Harris is also accused of improperly providing city purchasing cards to Jacobs contractors “who were not Stonecrest employees.” According to a subsequent audit, only two of the 10 p-cards issued on behalf of the city, and in circulation for more than two years, should’ve been authorized — and some 978 purchases were deemed to have been inappropriate.

The allegations against Jacobs and its employees go on from there.

The lawsuit contends that Gia Scruggs, hired by Jacobs in Feb. 2021 to provide city financial services, made “continued complaints” to Jacobs management about “improper and unlawful” expenditures requested by Lary and Joyner.
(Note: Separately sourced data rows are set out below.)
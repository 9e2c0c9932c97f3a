-- ===== src/Controller/Settled.antt =====
-- internal/controller/smarthorizontalpodautoscaler_controller.go: what `Reconcile` leaves behind for an
-- object that is not being deleted.
use mathlib.Core.Path.{subst, sym}
use smart_hpa.Prelude.{
  ◌≡◌, refl, ◌∙◌, ◌⊎◌, inl, inr, Bool, true, false, not, ◌&&◌, ◌||◌, String, List, [], ◌∷◌, ◌++◌,
  Option, none, some, if◌then◌else◌, Bool-cases, arith,
}
use smart_hpa.Scheduler.Context.{Hpa}
use smart_hpa.Controller.{
  Key, ConditionType, is_ready, is_hpa_valid, is_scheduled, reconciled, Condition, Object, Cluster,
  Reply, done, refused, Sending, sent, timed_out, cancelled, Replies, ReconcileResult, Machinery,
  with_finalizers, update_status, hpa_not_found, validate_hpa_reference, names_hpa, is_some_trigger,
  send, enqueue_for_scheduling, condition,
}
use smart_hpa.Controller.Reconcile.{
  handle_deletion, reconcile, reconcile_fetched, reconcile_found, reconcile_object, ensure_template,
  after_template, check_reference, settle, settled_object, scheduled_condition, with_finalizer,
  refetched, set_condition,
}
use smart_hpa.Controller.Ensured.{
  is_refused, some_refused, HoldsReference, MissesReference, HoldsTemplate, IsKept, IsEnsured,
  ensure_template-IsEnsured, IsFound, is_valid_reference-IsFound,
}

abbrev pub same_type : ConditionType → ConditionType → Bool
same_type is_ready is_ready = true
same_type is_hpa_valid is_hpa_valid = true
same_type is_scheduled is_scheduled = true
same_type _ _ = false

abbrev pub condition_of : ConditionType → List Condition → Option Condition
condition_of t [] = none
condition_of t (c ∷ cs) =
    let rest = condition_of t cs in if same_type t c.kind then some c else rest

-- What is documented of the machinery.
pub record IsMachinery (m : Machinery) : Type 0 where
  pub added_law : (fs : List String) → m.contains_finalizer (m.add_finalizer fs) ≡ true
  pub set_law :
      (t : ConditionType) (c : Condition) (cs : List Condition)
      → condition_of t (m.set_status_condition c cs)
        ≡ (if same_type t c.kind then some c else condition_of t cs)
  -- An update of an object that is not being deleted is stored.
  pub live_law : (o : Object) → o.is_deleted ≡ false → m.stored o ≡ some o

abbrev pub is_sent : Sending → Bool
is_sent sent = true
is_sent timed_out = false
is_sent cancelled = false

-- The object asks for a schedule: it has triggers and names an autoscaler.
abbrev pub wants_schedule : Object → Bool
wants_schedule o = is_some_trigger o.spec.triggers && names_hpa o.spec.hpa_object_ref

module _ (machinery : Machinery) (law : IsMachinery machinery) (replies : Replies) (key : Key) where
  open machinery use {contains_finalizer, set_status_condition}

  -- Whether the object asks for a schedule, and its key is sent.
  abbrev pub IsSent : Object → Bool → List Key → List Key → Type 0
  IsSent o enqueued before after =
      (enqueued ≡ (not (wants_schedule o) || is_sent replies.to_send))
      × (after
          ≡ (if wants_schedule o && is_sent replies.to_send then before ++ (key ∷ []) else before))

  abbrev pub IsSettled : Object → List Key → Cluster → Type 0
  IsSettled o before d =
      (p : Object) × (enqueued : Bool) × (d.object ≡ some p)
      × (contains_finalizer p.finalizers ≡ true)
      × (p.spec ≡ o.spec)
      × (condition_of is_ready p.conditions
          ≡ some (condition is_ready true reconciled o.generation))
      × (condition_of is_hpa_valid p.conditions ≡ some (condition is_hpa_valid true reconciled 0))
      × (condition_of is_scheduled p.conditions ≡ some (scheduled_condition enqueued))
      × IsSent o enqueued before d.queue
      × HoldsReference o d.hpas
      × HoldsTemplate o o.template d.hpas

  abbrev pub IsReconciled : Object → Cluster → ReconcileResult × Cluster → Type 0
  IsReconciled o c r =
      (r.1.context ≡ c.context)
      × (((r.0.has_error ≡ false) × IsSettled o c.queue r.1)
          ⊎ ((r.0.has_error ≡ true) × ((some_refused replies ≡ true) ⊎ MissesReference o r.1.hpas)))

  settled_conditions :
      (enqueued : Bool) (o : Object)
      → (condition_of is_ready (settled_object machinery enqueued o).conditions
          ≡ some (condition is_ready true reconciled o.generation))
        × (condition_of is_hpa_valid (settled_object machinery enqueued o).conditions
            ≡ some (condition is_hpa_valid true reconciled 0))
        × (condition_of is_scheduled (settled_object machinery enqueued o).conditions
            ≡ some (scheduled_condition enqueued))
  settled_conditions true o = (simp law.set_law, simp law.set_law, simp law.set_law)
  settled_conditions false o = (simp law.set_law, simp law.set_law, simp law.set_law)

  send_lem :
      (sending : Sending) (c : Cluster)
      → ((send sending key c).0 ≡ is_sent sending)
        × ((send sending key c).1.queue
            ≡ (if is_sent sending then c.queue ++ (key ∷ []) else c.queue))
        × ((send sending key c).1.hpas ≡ c.hpas)
        × ((send sending key c).1.context ≡ c.context)
  send_lem sent c = (refl, refl, refl, refl)
  send_lem timed_out c = (refl, refl, refl, refl)
  send_lem cancelled c = (refl, refl, refl, refl)

  abbrev pub IsEnqueued : Object → Cluster → Bool × Cluster → Type 0
  IsEnqueued o c (b, d) = IsSent o b c.queue d.queue × (d.hpas ≡ c.hpas) × (d.context ≡ c.context)

  enqueue_for_scheduling-IsEnqueued :
      (o : Object) (c : Cluster) → IsEnqueued o c (enqueue_for_scheduling replies.to_send key o c)
  unfolding enqueue_for_scheduling
  enqueue_for_scheduling-IsEnqueued o c = elim (Bool-cases (wants_schedule o)) [
    | inl e ↦
        let (b, queue, hpas, context) = send_lem replies.to_send c in
        rw e ((b, queue), hpas, context)
    | inr e ↦ rw e ((refl, refl), refl, refl)
  ]

  settle-IsReconciled :
      (reply : Reply) (o : Object) (c : Cluster) (b : Bool) (d : Cluster)
      → (is_refused reply ≡ true → some_refused replies ≡ true)
      → contains_finalizer o.finalizers ≡ true
      → IsEnqueued o c (b, d)
      → HoldsReference o c.hpas
      → HoldsTemplate o o.template c.hpas
      → IsReconciled o c (settle machinery reply o (b, d))
  settle-IsReconciled refused o c b d h f e r t = (e.2, inr (refl, inl (h refl)))
  settle-IsReconciled done o c b d h f e r t =
      let (ready, valid, scheduled) = settled_conditions b o in
      (
        e.2,
        inl (
          refl,
          (
            settled_object machinery b o,
            b,
            refl,
            f,
            refl,
            ready,
            valid,
            scheduled,
            e.0,
            subst (HoldsReference o) (sym e.1) r,
            subst (HoldsTemplate o o.template) (sym e.1) t,
          ),
        ),
      )

  abbrev Missed : Object → List (Key × Hpa) → Type 0
  Missed o hpas = (some_refused replies ≡ true) ⊎ MissesReference o hpas

  update_status_lem :
      (reply : Reply) (o : Object) (c : Cluster)
      → ((update_status reply o c).hpas ≡ c.hpas) × ((update_status reply o c).context ≡ c.context)
  update_status_lem done o c = (refl, refl)
  update_status_lem refused o c = (refl, refl)

  check_reference-IsReconciled :
      (o : Object) (c : Cluster) (b : Bool)
      → contains_finalizer o.finalizers ≡ true
      → IsFound (some_refused replies ≡ true) o c.hpas b
      → HoldsTemplate o o.template c.hpas
      → IsReconciled o c (check_reference machinery replies key o c b)
  check_reference-IsReconciled o c true f (inl found) t =
      settle-IsReconciled replies.to_update_status o c
        (enqueue_for_scheduling replies.to_send key o c).0
        (enqueue_for_scheduling replies.to_send key o c).1 (λ h. grind arith) f
        (enqueue_for_scheduling-IsEnqueued o c) found.1 t
  check_reference-IsReconciled o c true f (inr missing) t = absurd (grind arith)
  check_reference-IsReconciled o c false f (inl found) t = absurd (grind arith)
  check_reference-IsReconciled o c false f (inr missing) t =
      let bad = set_condition machinery (condition is_hpa_valid false hpa_not_found 0) o in
      let (hpas, context) = update_status_lem replies.to_update_status bad c in
      (context, inr (refl, subst (λ h. Missed o h) (sym hpas) missing.1))

  moved-IsReconciled :
      (o : Object) (c d : Cluster) (outcome : ReconcileResult) (e : Cluster)
      → IsKept c d
      → IsReconciled o d (outcome, e)
      → IsReconciled o c (outcome, e)
  moved-IsReconciled o c d outcome e k h = (
    h.0 ∙ k.2,
    elim h.1 [ inl s ↦ inl (s.0, subst (λ q. IsSettled o q e) k.1 s.1) | inr s ↦ inr s ],
  )

  after_template-IsReconciled :
      (o : Object) (c : Cluster) (b : Bool) (d : Cluster)
      → contains_finalizer o.finalizers ≡ true
      → IsEnsured (some_refused replies ≡ true) o o.template c (b, d)
      → IsReconciled o c (after_template machinery replies key o (b, d))
  unfolding validate_hpa_reference
  after_template-IsReconciled o c true d f (k, inl t) =
      let b = validate_hpa_reference replies.to_get_reference o d in
      let found =
        is_valid_reference-IsFound {R = some_refused replies ≡ true} replies.to_get_reference o
          d.hpas o.spec.hpa_object_ref (λ h. grind arith) refl in
      moved-IsReconciled o c d (check_reference machinery replies key o d b).0
        (check_reference machinery replies key o d b).1 k
        (check_reference-IsReconciled o d b f found t.1)
  after_template-IsReconciled o c true d f (k, inr e) = absurd (grind arith)
  after_template-IsReconciled o c false d f (k, inl e) = absurd (grind arith)
  after_template-IsReconciled o c false d f (k, inr r) = (k.2, inr (refl, inl r.1))

  reconcile_object-IsReconciled :
      (o : Object) (c : Cluster)
      → contains_finalizer o.finalizers ≡ true
      → IsReconciled o c (reconcile_object machinery replies key o c)
  unfolding reconcile_object
  reconcile_object-IsReconciled o c f =
      let e = ensure_template replies o c o.template in
      after_template-IsReconciled o c e.0 e.1 f (ensure_template-IsEnsured replies o c o.template)

  with_finalizer-IsReconciled :
      (update get : Reply) (o : Object) (c : Cluster)
      → ((is_refused update || is_refused get) ≡ true → some_refused replies ≡ true)
      → o.is_deleted ≡ false
      → IsReconciled o c (with_finalizer machinery update get replies key o c)
  with_finalizer-IsReconciled refused get o c h l = (refl, inr (refl, inl (h refl)))
  with_finalizer-IsReconciled done refused o c h l = (refl, inr (refl, inl (h refl)))
  with_finalizer-IsReconciled done done o c h l =
      let p = with_finalizers (machinery.add_finalizer o.finalizers) o in
      subst (λ x. IsReconciled o c (refetched machinery replies key (record c { object = x }) x))
        (sym (law.live_law p l))
        (reconcile_object-IsReconciled p (record c { object = some p })
          (law.added_law o.finalizers))

  live-IsReconciled :
      (o : Object) (c : Cluster)
      → o.is_deleted ≡ false
      → IsReconciled o c (
          if contains_finalizer o.finalizers
          then reconcile_object machinery replies key o c
          else with_finalizer machinery replies.to_update replies.to_get_again replies key o c)
  live-IsReconciled o c l = elim (Bool-cases (contains_finalizer o.finalizers)) [
    | inl f ↦ rw f (reconcile_object-IsReconciled o c f)
    | inr f ↦ rw f (
        with_finalizer-IsReconciled replies.to_update replies.to_get_again o c (λ h. grind arith) l)
  ]

  reconcile_fetched-IsReconciled :
      (has_scheduler : Bool) (get : Reply) (o : Object) (c : Cluster)
      → (is_refused get ≡ true → some_refused replies ≡ true)
      → o.is_deleted ≡ false
      → IsReconciled o c (reconcile_fetched machinery has_scheduler get replies key c (some o))
  unfolding reconcile_found
  reconcile_fetched-IsReconciled has_scheduler refused o c h l = (refl, inr (refl, inl (h refl)))
  reconcile_fetched-IsReconciled has_scheduler done o c h l =
      subst
        (λ b. IsReconciled o c (
          if b
          then handle_deletion machinery has_scheduler replies.to_update o c
          else if contains_finalizer o.finalizers
          then reconcile_object machinery replies key o c
          else with_finalizer machinery replies.to_update replies.to_get_again replies key o c))
        (sym l) (live-IsReconciled o c l)

  -- If the machinery does what is documented, and an object that is not being deleted is reconciled:
  -- the scheduler's context of it is not touched. Either an error is returned, and a call was refused or
  -- the autoscaler that it names is not there. Or none is returned, and the object has the finalizer,
  -- its specification, and the conditions that it is ready, that its autoscaler is there, and whether
  -- its key was sent or need not be; the autoscalers of its reference and of its template are there; and
  -- its key was sent, at the end of the queue, just if it has triggers and names an autoscaler and the
  -- queue took it in time.
  pub reconcile-IsReconciled :
      (has_scheduler : Bool) (o : Object) (c : Cluster)
      → c.object ≡ some o
      → o.is_deleted ≡ false
      → IsReconciled o c (reconcile machinery has_scheduler replies key c)
  unfolding reconcile
  reconcile-IsReconciled has_scheduler o c e l =
      subst
        (λ x.
          IsReconciled o c
            (reconcile_fetched machinery has_scheduler replies.to_get replies key c x))
        (sym e)
        (reconcile_fetched-IsReconciled has_scheduler replies.to_get o c (λ h. grind arith) l)
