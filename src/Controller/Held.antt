-- ===== src/Controller/Held.antt =====
-- internal/controller/smarthorizontalpodautoscaler_controller.go: `Reconcile` keeps the finalizer.
use mathlib.Core.Path.{subst, sym}
use smart_hpa.Prelude.{◌≡◌, inl, inr, Bool, true, false, Option, none, some, Bool-cases}
use smart_hpa.Controller.{
  Key, Object, Cluster, Reply, done, refused, Sending, sent, timed_out, cancelled, Replies,
  Machinery, update_status, condition, is_hpa_valid, hpa_not_found, validate_hpa_reference, send,
  enqueue_for_scheduling,
}
use smart_hpa.Controller.Ensured.{ensure_template-IsEnsured}
use smart_hpa.Controller.Settled.{wants_schedule}
use smart_hpa.Controller.Reconcile.{
  reconcile_object, ensure_template, after_template, check_reference, set_condition, settled_object,
  get_again, refetched, record_done,
}

-- The object is there with the finalizer.
abbrev pub Holds : Machinery → Option Object → Type 0
Holds machinery none = ⊥
Holds machinery (some o) = machinery.contains_finalizer o.finalizers ≡ true

module _ (machinery : Machinery) (key : Key) where
  open machinery use {contains_finalizer}

  update_status-Holds :
      (reply : Reply) (o : Object) (c : Cluster)
      → contains_finalizer o.finalizers ≡ true
      → Holds machinery c.object
      → Holds machinery (update_status reply o c).object
  update_status-Holds done o c f h = f
  update_status-Holds refused o c f h = h

  record_done-Holds :
      (reply : Reply) (c : Cluster)
      → Holds machinery c.object
      → Holds machinery (record_done reply c).object
  record_done-Holds done c h = h
  record_done-Holds refused c h = h

  send-Holds :
      (sending : Sending) (c : Cluster)
      → Holds machinery c.object
      → Holds machinery (send sending key c).1.object
  send-Holds sent c h = h
  send-Holds timed_out c h = h
  send-Holds cancelled c h = h

  enqueue-Holds :
      (sending : Sending) (o : Object) (c : Cluster)
      → Holds machinery c.object
      → Holds machinery (enqueue_for_scheduling sending key o c).1.object
  unfolding enqueue_for_scheduling
  enqueue-Holds sending o c h = elim (Bool-cases (wants_schedule o)) [
    | inl e ↦ rw e (send-Holds sending c h)
    | inr e ↦ rw e h
  ]

  check_reference-Holds :
      (replies : Replies) (o : Object) (c : Cluster) (b : Bool)
      → contains_finalizer o.finalizers ≡ true
      → Holds machinery c.object
      → Holds machinery (check_reference machinery replies key o c b).1.object
  check_reference-Holds replies o c true f h =
      let e = enqueue_for_scheduling replies.to_send key o c in
      record_done-Holds replies.to_update_status
        (update_status replies.to_update_status (settled_object machinery e.0 o) e.1)
        (update_status-Holds replies.to_update_status (settled_object machinery e.0 o) e.1 f
          (enqueue-Holds replies.to_send o c h))
  check_reference-Holds replies o c false f h =
      update_status-Holds replies.to_update_status
        (set_condition machinery (condition is_hpa_valid false hpa_not_found 0) o) c f h

  after_template-Holds :
      (replies : Replies) (o : Object) (b : Bool) (c : Cluster)
      → contains_finalizer o.finalizers ≡ true
      → Holds machinery c.object
      → Holds machinery (after_template machinery replies key o (b, c)).1.object
  after_template-Holds replies o true c f h =
      check_reference-Holds replies o c (validate_hpa_reference replies.to_get_reference o c) f h
  after_template-Holds replies o false c f h = h

  pub reconcile_object-Holds :
      (replies : Replies) (o : Object) (c : Cluster)
      → contains_finalizer o.finalizers ≡ true
      → Holds machinery c.object
      → Holds machinery (reconcile_object machinery replies key o c).1.object
  unfolding reconcile_object
  reconcile_object-Holds replies o c f h =
      let e = ensure_template replies o c o.template in
      after_template-Holds replies o e.0 e.1 f
        (subst (Holds machinery) (sym (ensure_template-IsEnsured replies o c o.template).0.0) h)

  refetched-Holds :
      (replies : Replies) (c : Cluster) (x : Option Object)
      → Holds machinery x
      → Holds machinery c.object
      → Holds machinery (refetched machinery replies key c x).1.object
  refetched-Holds replies c none f h = h
  refetched-Holds replies c (some o) f h = reconcile_object-Holds replies o c f h

  pub get_again-Holds :
      (reply : Reply) (replies : Replies) (c : Cluster)
      → Holds machinery c.object
      → Holds machinery (get_again machinery reply replies key c).1.object
  get_again-Holds done replies c h = refetched-Holds replies c c.object h h
  get_again-Holds refused replies c h = h
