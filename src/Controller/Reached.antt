-- ===== src/Controller/Reached.antt =====
-- internal/controller/smarthorizontalpodautoscaler_controller.go and internal/scheduler/scheduler.go: no
-- context without an object with the finalizer.
use smart_hpa.Scheduler.Context.{Context}
use smart_hpa.Scheduler.Context
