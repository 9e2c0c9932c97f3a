-- ===== src/Files.antt =====
-- The files that the command lines of ml write, and the libraries that write them.
use smart_hpa.Prelude.{ℕ, String, List, Option, none, some, Result, Error, ok, raise}
use smart_hpa.Json.{Json}

-- `--format`
pub data Format : Type 0 where
  yaml json smarthpa : Format

-- `json.dumps(value, indent=n)` and `yaml.dump(value, default_flow_style=False)`.
-- `T` is the type of the contents of files.
pub record Writers (T : Type 0) : Type 0 where
  pub dumps : ℕ → Json → T
  pub yaml_dump : Json → T

-- The lines that are printed, and the path and the text of the file that is written.
pub record Printed (T : Type 0) : Type 0 where
  pub lines : List String
  pub path : String
  pub text : T

-- What is printed, unless writing the file fails.
abbrev pub unless_failed : {T : Type 0} → Option Error → Printed T → Result (Printed T)
unless_failed none printed = ok printed
unless_failed (some e) printed = raise e

-- `"=" * 60`
abbrev pub rule : String
rule = "============================================================"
The firm “took no remedial actions to address Scruggs’ whistleblower complaint,” the suit says — and subsequently “refused to compensate Scruggs” at her agreed-upon salary.

Later that spring, Stonecrest alleges, “Jacobs officials were observed shredding unknown records related to conduct of Jacobs officials and/or the provision of services to the City.”

Jacobs is the primary defendant named in the suit, but several others are also listed. They include Lary, Joyner, Clarence and Lania Boone; Iris Settle, a Jacobs employee and former “city chief of staff”; and Jacobs subcontractor Tee Foxx; as well as Municipal Resource Partners and a handful of other LLCs allegedly tied to the Stonecrest relief funds scandal.